In the mid-19th century, doing voodoo seems to have been all the rage in New Orleans. Uppercrust Creoles pursued voodoo in much the same way that the trendy of today latch on to the latest New Age development. It was a hot topic of conversation in the posh parlors of well-heeled Creoles, but Orleanians paid much more than mere lip service to the practice of voodoo. Superstitious Creoles scrubbed their front stoops with brick dust to ward off curses and called regularly upon witch doctors and voodoo queens. For the most part, they sought advice on affairs of the heart and purchased gris-gris (voodoo charms), usually in the form of various love potions, powders, oils and ointments. For 19th century tourists, no trip to the Crescent City was complete without a visit to famed voodoo queen Marie Laveau.

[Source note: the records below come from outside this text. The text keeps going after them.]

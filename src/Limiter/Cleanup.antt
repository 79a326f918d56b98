-- ===== src/Limiter/Cleanup.antt =====
-- StartCleanup of internal/ratelimit/limiter.go beside the calls of the handlers: how long a user is
-- remembered.
use x_sticker_bot.Base.{
  ℕ, ◌+◌, ◌≤◌, ◌≡◌, refl, Bool, true, false, some, List, [], ◌∷◌, arith, if◌then◌else◌, ◌==◌,
  ==_iff, lookup, insert, erase, lookup-insert, lookup-erase, nat_eq, bytes_eq, Bool-cases, inl,
  inr, subst, sym, Option, none,
}
use x_sticker_bot.Limiter.{
  Rate, UserLimiter, RateLimiter, is_idle, sweep, cleanup_stale, allow, allow_command,
  get_or_create_user, command_bucket,
}
use x_sticker_bot.Limiter.Burst.{Call, general, command}
use x_sticker_bot.Limiter.Stale.{UniqueKeys, cleanup_stale_lem}

-- What the goroutine of StartCleanup receives, and the calls of the handlers between.
pub data Signal : Type 0 where
  called : Call → ℕ → Signal
  ticked : ℕ → Signal
  stopped : Signal

module _ (r : Rate) where
  -- The goroutine's loop on one signal, as long as it has not returned: the limiter, and whether
  -- it goes on.
  unfoldable pub on_tick : ℕ → Bool → RateLimiter r → ℕ → RateLimiter r
  on_tick max_idle alive rl now = if alive then cleanup_stale r rl now max_idle else rl

  abbrev pub call_at : RateLimiter r → Call → ℕ → RateLimiter r
  call_at rl (general u) now = (allow r rl u now).1
  call_at rl (command u c) now = (allow_command r rl u c now).1

  unfoldable pub start_cleanup : ℕ → Bool → RateLimiter r → List Signal → RateLimiter r
  unfolding on_tick
  start_cleanup max_idle alive rl [] = rl
  start_cleanup max_idle alive rl (called k now ∷ es) =
      start_cleanup max_idle alive (call_at rl k now) es
  start_cleanup max_idle alive rl (ticked now ∷ es) =
      start_cleanup max_idle alive (on_tick max_idle alive rl now) es
  start_cleanup max_idle alive rl (stopped ∷ es) = start_cleanup max_idle false rl es

  -- Every user that is remembered was seen at most so long before.
  abbrev pub Recent : ℕ → ℕ → RateLimiter r → Type 0
  Recent age now rl =
      (uid : ℕ) (ul : UserLimiter r) → lookup uid rl.users ≡ some ul → now ≤ ul.last_seen + age

  insert-UniqueKeys :
      (k : ℕ) (v : UserLimiter r) (m : List (ℕ × UserLimiter r))
      → UniqueKeys r m
      → UniqueKeys r (insert k v m)
  unfolding insert lookup
  insert-UniqueKeys k v [] h = (refl, tt)
  insert-UniqueKeys k v ((j, w) ∷ m) h =
      ground (arith, ==_iff j k, ==_iff k j, lookup-insert k j v m, insert-UniqueKeys k v m h.1)

  erase-UniqueKeys :
      (k : ℕ) (m : List (ℕ × UserLimiter r)) → UniqueKeys r m → UniqueKeys r (erase k m)
  unfolding erase
  erase-UniqueKeys k [] h = tt
  erase-UniqueKeys k ((j, w) ∷ m) h = ground (arith, lookup-erase k j m, erase-UniqueKeys k m h.1)

  sweep-UniqueKeys :
      (now max_idle : ℕ) (entries users : List (ℕ × UserLimiter r))
      → UniqueKeys r users
      → UniqueKeys r (sweep r now max_idle entries users)
  unfolding sweep
  sweep-UniqueKeys now max_idle [] users h = h
  sweep-UniqueKeys now max_idle ((k, ul) ∷ entries) users h =
      sweep-UniqueKeys now max_idle entries
        (if is_idle r now max_idle ul then erase k users else users)
        (ground (arith, erase-UniqueKeys k users h))

  abbrev pub caller : Call → ℕ
  caller (general u) = u
  caller (command u c) = u

  -- A call stores its user as seen now, and nobody else.
  call_at-users :
      (rl : RateLimiter r) (k : Call) (now : ℕ)
      → (ul : UserLimiter r) × (ul.last_seen ≡ now)
        × ((call_at rl k now).users ≡ insert (caller k) ul rl.users)
  unfolding allow allow_command
  call_at-users rl (general u) now =
      let ul = get_or_create_user r rl u now in
      elim (Bool-cases (r.allow_at rl.global now).0) [
        | inl ok ↦ (
          record ul { last_seen = now; general = (r.allow_at ul.general now).1 },
          refl,
          ground arith,
        )
        | inr refused ↦ (record ul { last_seen = now }, refl, ground arith)
      ]
  call_at-users rl (command u c) now =
      let ul = get_or_create_user r rl u now in
      let bucket = command_bucket r rl ul c in
      let bucket' = (r.allow_at bucket now).1 in
      elim (Bool-cases (r.allow_at rl.global now).0) [
        | inl ok ↦ (
          record ul { last_seen = now; commands = insert c bucket' ul.commands },
          refl,
          ground arith,
        )
        | inr refused ↦ (
          record ul { last_seen = now; commands = insert c bucket ul.commands },
          refl,
          ground arith,
        )
      ]

  module _ (max_idle interval : ℕ) where
    -- Time does not go back, and a tick comes at most one interval after the last one; `tick` is
    -- the time of the last tick and `now` that of the last event.
    abbrev pub Regular : ℕ → ℕ → List Signal → Type 0
    Regular tick now [] = Unit
    Regular tick now (called k t ∷ es) = (now ≤ t) × (t ≤ tick + interval) × Regular tick t es
    Regular tick now (ticked t ∷ es) = (now ≤ t) × (t ≤ tick + interval) × Regular t t es
    Regular tick now (stopped ∷ es) = ⊥

    abbrev pub last_time : ℕ → List Signal → ℕ
    last_time now [] = now
    last_time now (called k t ∷ es) = last_time t es
    last_time now (ticked t ∷ es) = last_time t es
    last_time now (stopped ∷ es) = last_time now es

    call_at-Recent :
        (rl : RateLimiter r) (k : Call) (tick t : ℕ)
        → tick ≤ t
        → Recent max_idle tick rl
        → Recent max_idle tick (call_at rl k t)
    call_at-Recent rl k tick t later h uid ul e =
        let (v, seen, users) = call_at-users rl k t in
        ground (
          arith,
          subst (λ m. lookup uid m ≡ some ul) users e,
          lookup-insert (caller k) uid v rl.users,
          h uid ul,
        )

    tick-Recent :
        (rl : RateLimiter r) (t : ℕ)
        → UniqueKeys r rl.users
        → Recent max_idle t (cleanup_stale r rl t max_idle)
    tick-Recent rl t unique uid ul e =
        ground (arith, (cleanup_stale_lem r rl t max_idle uid unique).0)

    cleanup-UniqueKeys :
        (rl : RateLimiter r) (t : ℕ)
        → UniqueKeys r rl.users
        → UniqueKeys r (cleanup_stale r rl t max_idle).users
    unfolding cleanup_stale
    cleanup-UniqueKeys rl t h = sweep-UniqueKeys t max_idle rl.users rl.users h

    nobody : (uid : ℕ) (ul : UserLimiter r) → lookup uid [] ≡ some ul → ⊥
    unfolding lookup
    nobody uid ul e = cc e

    remembers :
        (es : List Signal) (rl : RateLimiter r) (tick now : ℕ)
        → UniqueKeys r rl.users
        → Recent max_idle tick rl
        → tick ≤ now
        → now ≤ tick + interval
        → Regular tick now es
        → Recent (max_idle + interval) (last_time now es) (start_cleanup max_idle true rl es)
    unfolding start_cleanup
    remembers [] rl tick now unique h older near reg = λ uid ul e. omega (arith, h uid ul e)
    remembers (called k t ∷ es) rl tick now unique h older near (later, soon, reg) =
        let (v, seen, users) = call_at-users rl k t in
        remembers es (call_at rl k t) tick t
          (subst (UniqueKeys r) (sym users) (insert-UniqueKeys (caller k) v rl.users unique))
          (call_at-Recent rl k tick t (omega arith) h) (omega arith) soon reg
    remembers (ticked t ∷ es) rl tick now unique h older near (later, soon, reg) =
        remembers es (cleanup_stale r rl t max_idle) t t (cleanup-UniqueKeys rl t unique)
          (tick-Recent rl t unique) (omega arith) (omega arith) reg
    remembers (stopped ∷ es) rl tick now unique h older near reg = absurd reg

    -- The time of the last call of a user, by their calls alone; `t` is that of an earlier one.
    abbrev pub last_call : ℕ → Option ℕ → List Signal → Option ℕ
    last_call uid t [] = t
    last_call uid t (called k now ∷ es) = last_call uid (if caller k == uid then some now else t) es
    last_call uid t (ticked now ∷ es) = last_call uid t es
    last_call uid t (stopped ∷ es) = last_call uid t es

    -- What the limiter has noted is the time of the last call.
    abbrev Noted : (ℕ → Option ℕ) → RateLimiter r → Type 0
    Noted last rl =
        (uid : ℕ) (ul : UserLimiter r)
        → lookup uid rl.users ≡ some ul
        → last uid ≡ some ul.last_seen

    call_at-Noted :
        (last : ℕ → Option ℕ) (rl : RateLimiter r) (k : Call) (t : ℕ)
        → Noted last rl
        → Noted (λ uid. if caller k == uid then some t else last uid) (call_at rl k t)
    call_at-Noted last rl k t h uid ul e =
        let (v, seen, users) = call_at-users rl k t in
        ground (
          arith,
          subst (λ m. lookup uid m ≡ some ul) users e,
          lookup-insert (caller k) uid v rl.users,
          ==_iff (caller k) uid,
          h uid ul,
        )

    cleanup-Noted :
        (last : ℕ → Option ℕ) (rl : RateLimiter r) (t : ℕ)
        → UniqueKeys r rl.users
        → Noted last rl
        → Noted last (cleanup_stale r rl t max_idle)
    cleanup-Noted last rl t unique h uid ul e =
        ground (arith, (cleanup_stale_lem r rl t max_idle uid unique).0, h uid ul)

    notes :
        (es : List Signal) (last : ℕ → Option ℕ) (rl : RateLimiter r) (tick now : ℕ)
        → UniqueKeys r rl.users
        → Noted last rl
        → Regular tick now es
        → Noted (λ uid. last_call uid (last uid) es) (start_cleanup max_idle true rl es)
    unfolding start_cleanup
    notes [] last rl tick now unique h reg = h
    notes (called k t ∷ es) last rl tick now unique h (later, soon, reg) =
        let (v, seen, users) = call_at-users rl k t in
        notes es (λ uid. if caller k == uid then some t else last uid) (call_at rl k t) tick t
          (subst (UniqueKeys r) (sym users) (insert-UniqueKeys (caller k) v rl.users unique))
          (call_at-Noted last rl k t h) reg
    notes (ticked t ∷ es) last rl tick now unique h (later, soon, reg) =
        notes es last (cleanup_stale r rl t max_idle) t t (cleanup-UniqueKeys rl t unique)
          (cleanup-Noted last rl t unique h) reg
    notes (stopped ∷ es) last rl tick now unique h reg = absurd reg

    -- While the goroutine of StartCleanup runs, with a tick every `interval`, each user that the
    -- limiter remembers has called it, and their last call is no longer ago than `maxIdle` and one
    -- interval: from an empty limiter on, over any calls in the order of time.
    pub start_cleanup-Recent :
        (rl : RateLimiter r) (es : List Signal) (now uid : ℕ) (ul : UserLimiter r)
        → rl.users ≡ []
        → Regular now now es
        → lookup uid (start_cleanup max_idle true rl es).users ≡ some ul
        → (t : ℕ) × (last_call uid none es ≡ some t)
          × (last_time now es ≤ t + (max_idle + interval))
    start_cleanup-Recent rl es now uid ul empty reg e =
        let unique : UniqueKeys r rl.users = subst (UniqueKeys r) (sym empty) tt in
        let unseen : (v : ℕ) (w : UserLimiter r) → lookup v rl.users ≡ some w → ⊥ =
          λ v w stored. nobody v w (subst (λ m. lookup v m ≡ some w) empty stored) in
        (
          ul.last_seen,
          notes es (λ v. none) rl now now unique (λ v w stored. absurd (unseen v w stored)) reg uid
              ul e,
          remembers es rl now now unique (λ v w stored. absurd (unseen v w stored)) (omega arith)
              (omega arith) reg uid ul e,
        )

The strange and exotic voodoo ceremonies drew throngs of thrill-seekers. Reporters frequently turned up to view the rites, and local newspapers of the period were filled with detailed, sometimes shocking accounts of voodoo conclaves and voodoo-related activities. But the ceremonies witnessed by the hordes and the reporters were often elaborate shows staged for outsiders. Voodoo was a mysterious, secretive cult whose more sinister aspects were carefully shielded from curious eyes.

Voodoo originated in the African kingdom of Dahomey (now the Republic of Benin). Vodu was the region of the Dahomeans. The word vodu and its various forms - voodoo, voudou, vaudau, even hoodoo - encompassed all aspects of the religion, including the gods, the cult, the cultists and the rituals. One of the primary gods was Zombi (also called Damballah), which was a snake - usually a giant python. Among other things, the snake-worshippers believed that the first man and woman on earth were blind until the serpent gave them sight. The Bantu word zumbi means fetish, and the voodoo cult involved beliefs in sorcery and black magic.

When voodoo arrived in New Orleans, the cultists incorporated some of the characteristics of the Catholic Church. Statues of the Virgin Mary and pictures of the saints sometimes adorned voodoo altars, but the tenets of this religion bore no resemblance to Christianity.

By the late 1600s, the Dahomey were invading neighboring lands to capture slaves and sell them to European traders on what was called the African Slave Coast. By 1700, the Dahomean economy was propped up by the sale of about 20,000 slaves annually and the African kingdom prospered from the slave trade until well into the 19th century. Thousands of shackled Africans were transported by the French to the islands of Martinque, Guradeloupe and Haiti (then called Saint-Domingue). The slaves took with them their voodoo, which flourished in the French West Indies and is still practiced in Haiti.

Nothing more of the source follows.